## AIM OF THE EXERCISE
Transcribe the records below exactly as written, from the opening line through the line that contains "whose listing failed.".

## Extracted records
▬▬▬▬▬▬▬▬▬▬

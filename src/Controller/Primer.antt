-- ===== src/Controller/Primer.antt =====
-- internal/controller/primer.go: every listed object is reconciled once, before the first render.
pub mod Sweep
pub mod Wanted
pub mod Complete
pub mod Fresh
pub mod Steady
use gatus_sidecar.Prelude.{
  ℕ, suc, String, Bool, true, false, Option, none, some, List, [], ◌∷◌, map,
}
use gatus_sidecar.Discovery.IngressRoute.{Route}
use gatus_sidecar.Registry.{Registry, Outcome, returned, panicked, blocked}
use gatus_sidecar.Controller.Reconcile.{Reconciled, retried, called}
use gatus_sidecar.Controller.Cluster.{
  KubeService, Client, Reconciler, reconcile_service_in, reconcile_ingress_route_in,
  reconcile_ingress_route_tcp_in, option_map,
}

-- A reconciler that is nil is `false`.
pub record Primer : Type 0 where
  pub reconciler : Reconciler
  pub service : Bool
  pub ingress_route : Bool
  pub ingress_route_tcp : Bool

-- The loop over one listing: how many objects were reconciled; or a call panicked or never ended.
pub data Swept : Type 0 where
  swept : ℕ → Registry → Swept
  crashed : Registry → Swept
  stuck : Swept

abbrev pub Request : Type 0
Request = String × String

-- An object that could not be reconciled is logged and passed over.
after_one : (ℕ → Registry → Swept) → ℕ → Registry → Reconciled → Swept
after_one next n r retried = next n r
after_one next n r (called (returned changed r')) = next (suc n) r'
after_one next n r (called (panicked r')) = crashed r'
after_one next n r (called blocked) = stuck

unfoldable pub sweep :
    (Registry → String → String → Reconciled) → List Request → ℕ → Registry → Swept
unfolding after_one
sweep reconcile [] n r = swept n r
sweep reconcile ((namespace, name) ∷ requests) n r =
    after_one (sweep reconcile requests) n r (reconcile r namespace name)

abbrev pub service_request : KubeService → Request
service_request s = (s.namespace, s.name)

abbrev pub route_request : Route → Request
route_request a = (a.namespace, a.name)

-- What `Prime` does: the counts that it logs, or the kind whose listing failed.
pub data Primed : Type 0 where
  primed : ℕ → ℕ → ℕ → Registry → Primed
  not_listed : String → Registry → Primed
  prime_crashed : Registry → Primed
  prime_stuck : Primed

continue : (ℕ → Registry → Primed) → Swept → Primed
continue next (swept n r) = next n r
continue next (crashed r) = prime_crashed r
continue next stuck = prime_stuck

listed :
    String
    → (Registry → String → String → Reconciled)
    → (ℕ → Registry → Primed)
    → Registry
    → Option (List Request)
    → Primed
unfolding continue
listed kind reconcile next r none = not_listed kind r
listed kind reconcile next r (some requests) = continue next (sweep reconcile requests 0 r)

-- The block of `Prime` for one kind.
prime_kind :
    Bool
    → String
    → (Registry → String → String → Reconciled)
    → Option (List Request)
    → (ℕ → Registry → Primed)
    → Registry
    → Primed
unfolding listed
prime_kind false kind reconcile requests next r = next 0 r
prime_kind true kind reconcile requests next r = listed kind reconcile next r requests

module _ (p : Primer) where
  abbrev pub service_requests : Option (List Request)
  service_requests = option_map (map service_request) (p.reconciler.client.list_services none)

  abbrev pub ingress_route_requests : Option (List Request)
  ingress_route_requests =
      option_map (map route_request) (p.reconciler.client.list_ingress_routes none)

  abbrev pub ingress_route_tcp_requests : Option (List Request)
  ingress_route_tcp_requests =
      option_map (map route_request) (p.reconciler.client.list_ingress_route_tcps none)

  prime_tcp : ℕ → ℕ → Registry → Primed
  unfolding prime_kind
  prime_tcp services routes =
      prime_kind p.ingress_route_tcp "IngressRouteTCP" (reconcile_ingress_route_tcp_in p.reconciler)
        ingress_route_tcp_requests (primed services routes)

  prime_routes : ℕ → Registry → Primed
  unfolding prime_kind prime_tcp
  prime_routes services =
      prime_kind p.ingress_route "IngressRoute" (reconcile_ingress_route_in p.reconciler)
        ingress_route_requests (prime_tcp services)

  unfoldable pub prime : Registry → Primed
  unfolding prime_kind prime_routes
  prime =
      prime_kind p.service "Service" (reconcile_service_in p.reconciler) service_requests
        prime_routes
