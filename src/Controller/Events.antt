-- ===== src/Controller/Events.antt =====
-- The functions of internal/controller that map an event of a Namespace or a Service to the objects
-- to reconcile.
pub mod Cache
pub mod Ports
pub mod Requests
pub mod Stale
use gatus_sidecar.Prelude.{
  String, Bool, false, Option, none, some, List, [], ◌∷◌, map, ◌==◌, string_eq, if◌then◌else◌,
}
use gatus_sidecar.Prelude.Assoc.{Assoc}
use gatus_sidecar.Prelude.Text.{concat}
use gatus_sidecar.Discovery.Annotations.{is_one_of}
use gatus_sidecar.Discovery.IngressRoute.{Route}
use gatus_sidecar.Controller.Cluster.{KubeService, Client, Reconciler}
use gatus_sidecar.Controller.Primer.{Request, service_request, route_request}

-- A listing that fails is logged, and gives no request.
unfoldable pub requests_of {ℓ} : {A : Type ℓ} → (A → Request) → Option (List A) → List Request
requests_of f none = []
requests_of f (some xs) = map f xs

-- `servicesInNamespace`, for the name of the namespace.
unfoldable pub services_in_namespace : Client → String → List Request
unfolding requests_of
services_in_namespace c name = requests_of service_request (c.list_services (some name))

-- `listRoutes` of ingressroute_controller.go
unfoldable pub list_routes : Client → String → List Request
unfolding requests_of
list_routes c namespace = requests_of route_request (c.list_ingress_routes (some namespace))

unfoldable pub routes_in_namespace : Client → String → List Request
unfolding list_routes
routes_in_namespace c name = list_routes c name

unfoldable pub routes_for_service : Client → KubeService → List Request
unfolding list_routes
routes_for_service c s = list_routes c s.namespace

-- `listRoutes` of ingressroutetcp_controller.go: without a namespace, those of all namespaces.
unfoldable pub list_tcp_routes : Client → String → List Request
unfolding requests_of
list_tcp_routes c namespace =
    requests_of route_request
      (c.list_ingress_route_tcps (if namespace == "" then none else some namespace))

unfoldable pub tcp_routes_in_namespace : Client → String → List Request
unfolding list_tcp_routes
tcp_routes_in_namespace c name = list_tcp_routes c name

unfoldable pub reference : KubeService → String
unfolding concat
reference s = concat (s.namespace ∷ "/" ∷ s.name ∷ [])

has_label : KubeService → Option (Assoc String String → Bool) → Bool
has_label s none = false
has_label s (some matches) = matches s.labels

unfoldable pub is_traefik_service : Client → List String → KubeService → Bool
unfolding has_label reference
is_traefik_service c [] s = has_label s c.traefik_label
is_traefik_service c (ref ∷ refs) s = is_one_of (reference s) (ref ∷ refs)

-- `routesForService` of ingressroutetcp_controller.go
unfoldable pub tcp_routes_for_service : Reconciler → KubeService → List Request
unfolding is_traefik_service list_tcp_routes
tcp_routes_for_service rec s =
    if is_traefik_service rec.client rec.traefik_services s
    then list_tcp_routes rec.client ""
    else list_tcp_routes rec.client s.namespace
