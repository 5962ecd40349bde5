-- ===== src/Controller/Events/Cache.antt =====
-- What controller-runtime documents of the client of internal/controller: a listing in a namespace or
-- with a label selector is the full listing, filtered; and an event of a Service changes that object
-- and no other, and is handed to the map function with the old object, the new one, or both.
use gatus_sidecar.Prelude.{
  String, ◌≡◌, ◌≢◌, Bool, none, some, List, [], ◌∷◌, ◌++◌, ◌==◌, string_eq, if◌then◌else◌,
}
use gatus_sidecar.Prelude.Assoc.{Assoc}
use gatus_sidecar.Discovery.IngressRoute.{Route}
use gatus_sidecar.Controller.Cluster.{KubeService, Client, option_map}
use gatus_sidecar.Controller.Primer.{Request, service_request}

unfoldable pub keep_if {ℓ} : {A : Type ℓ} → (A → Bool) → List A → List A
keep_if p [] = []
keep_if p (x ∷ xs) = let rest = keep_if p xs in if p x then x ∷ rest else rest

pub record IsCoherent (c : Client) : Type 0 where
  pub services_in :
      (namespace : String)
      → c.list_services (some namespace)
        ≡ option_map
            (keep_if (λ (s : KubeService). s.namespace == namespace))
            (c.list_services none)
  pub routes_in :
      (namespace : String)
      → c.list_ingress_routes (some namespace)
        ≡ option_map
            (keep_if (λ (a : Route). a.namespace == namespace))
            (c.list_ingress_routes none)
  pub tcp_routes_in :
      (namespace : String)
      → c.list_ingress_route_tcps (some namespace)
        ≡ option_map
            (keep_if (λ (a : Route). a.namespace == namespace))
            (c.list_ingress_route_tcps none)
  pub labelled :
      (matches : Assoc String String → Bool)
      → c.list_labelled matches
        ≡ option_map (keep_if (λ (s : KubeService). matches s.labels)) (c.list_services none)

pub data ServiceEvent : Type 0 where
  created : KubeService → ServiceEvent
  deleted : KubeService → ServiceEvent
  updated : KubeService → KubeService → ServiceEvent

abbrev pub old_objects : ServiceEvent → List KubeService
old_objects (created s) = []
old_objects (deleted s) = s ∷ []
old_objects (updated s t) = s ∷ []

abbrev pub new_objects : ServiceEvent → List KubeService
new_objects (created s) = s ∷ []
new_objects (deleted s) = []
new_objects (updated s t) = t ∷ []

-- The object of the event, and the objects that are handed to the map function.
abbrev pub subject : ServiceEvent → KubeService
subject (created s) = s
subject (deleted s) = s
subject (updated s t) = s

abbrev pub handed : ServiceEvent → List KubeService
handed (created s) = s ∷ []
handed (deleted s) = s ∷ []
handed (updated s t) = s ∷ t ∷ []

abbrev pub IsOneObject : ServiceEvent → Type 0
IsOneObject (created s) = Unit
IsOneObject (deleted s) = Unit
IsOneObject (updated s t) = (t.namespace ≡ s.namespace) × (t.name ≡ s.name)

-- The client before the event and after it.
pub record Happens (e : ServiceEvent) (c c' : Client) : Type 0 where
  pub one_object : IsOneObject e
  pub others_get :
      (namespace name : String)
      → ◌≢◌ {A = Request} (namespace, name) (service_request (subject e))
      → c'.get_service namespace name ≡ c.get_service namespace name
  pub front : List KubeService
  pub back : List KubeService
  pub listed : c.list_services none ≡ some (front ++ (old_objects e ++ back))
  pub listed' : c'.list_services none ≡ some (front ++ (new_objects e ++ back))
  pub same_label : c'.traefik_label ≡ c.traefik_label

▬▬▬▬▬▬▬▬▬▬

## WORKED SOLUTION
filename src/Controller/Primer.antt
-- ===== src/Controller/Primer.antt =====
-- internal/controller/primer.go: every listed object is reconciled once, before the first render.
pub mod Sweep
pub mod Wanted
pub mod Complete
pub mod Fresh
pub mod Steady
use gatus_sidecar.Prelude.{
  ℕ, suc, String, Bool, true, false, Option, none, some, List, [], ◌∷◌, map,
}
use gatus_sidecar.Discovery.IngressRoute.{Route}
use gatus_sidecar.Registry.{Registry, Outcome, returned, panicked, blocked}
use gatus_sidecar.Controller.Reconcile.{Reconciled, retried, called}
use gatus_sidecar.Controller.Cluster.{
  KubeService, Client, Reconciler, reconcile_service_in, reconcile_ingress_route_in,
  reconcile_ingress_route_tcp_in, option_map,
}

-- A reconciler that is nil is `false`.
pub record Primer : Type 0 where
  pub reconciler : Reconciler
  pub service : Bool
  pub ingress_route : Bool
  pub ingress_route_tcp : Bool

-- The loop over one listing: how many objects were reconciled; or a call panicked or never ended.
pub data Swept : Type 0 where
  swept : ℕ → Registry → Swept
  crashed : Registry → Swept
  stuck : Swept

abbrev pub Request : Type 0
Request = String × String

-- An object that could not be reconciled is logged and passed over.
after_one : (ℕ → Registry → Swept) → ℕ → Registry → Reconciled → Swept
after_one next n r retried = next n r
after_one next n r (called (returned changed r')) = next (suc n) r'
after_one next n r (called (panicked r')) = crashed r'
after_one next n r (called blocked) = stuck

unfoldable pub sweep :
    (Registry → String → String → Reconciled) → List Request → ℕ → Registry → Swept
unfolding after_one
sweep reconcile [] n r = swept n r
sweep reconcile ((namespace, name) ∷ requests) n r =
    after_one (sweep reconcile requests) n r (reconcile r namespace name)

abbrev pub service_request : KubeService → Request
service_request s = (s.namespace, s.name)

abbrev pub route_request : Route → Request
route_request a = (a.namespace, a.name)

-- What `Prime` does: the counts that it logs, or the kind whose listing failed.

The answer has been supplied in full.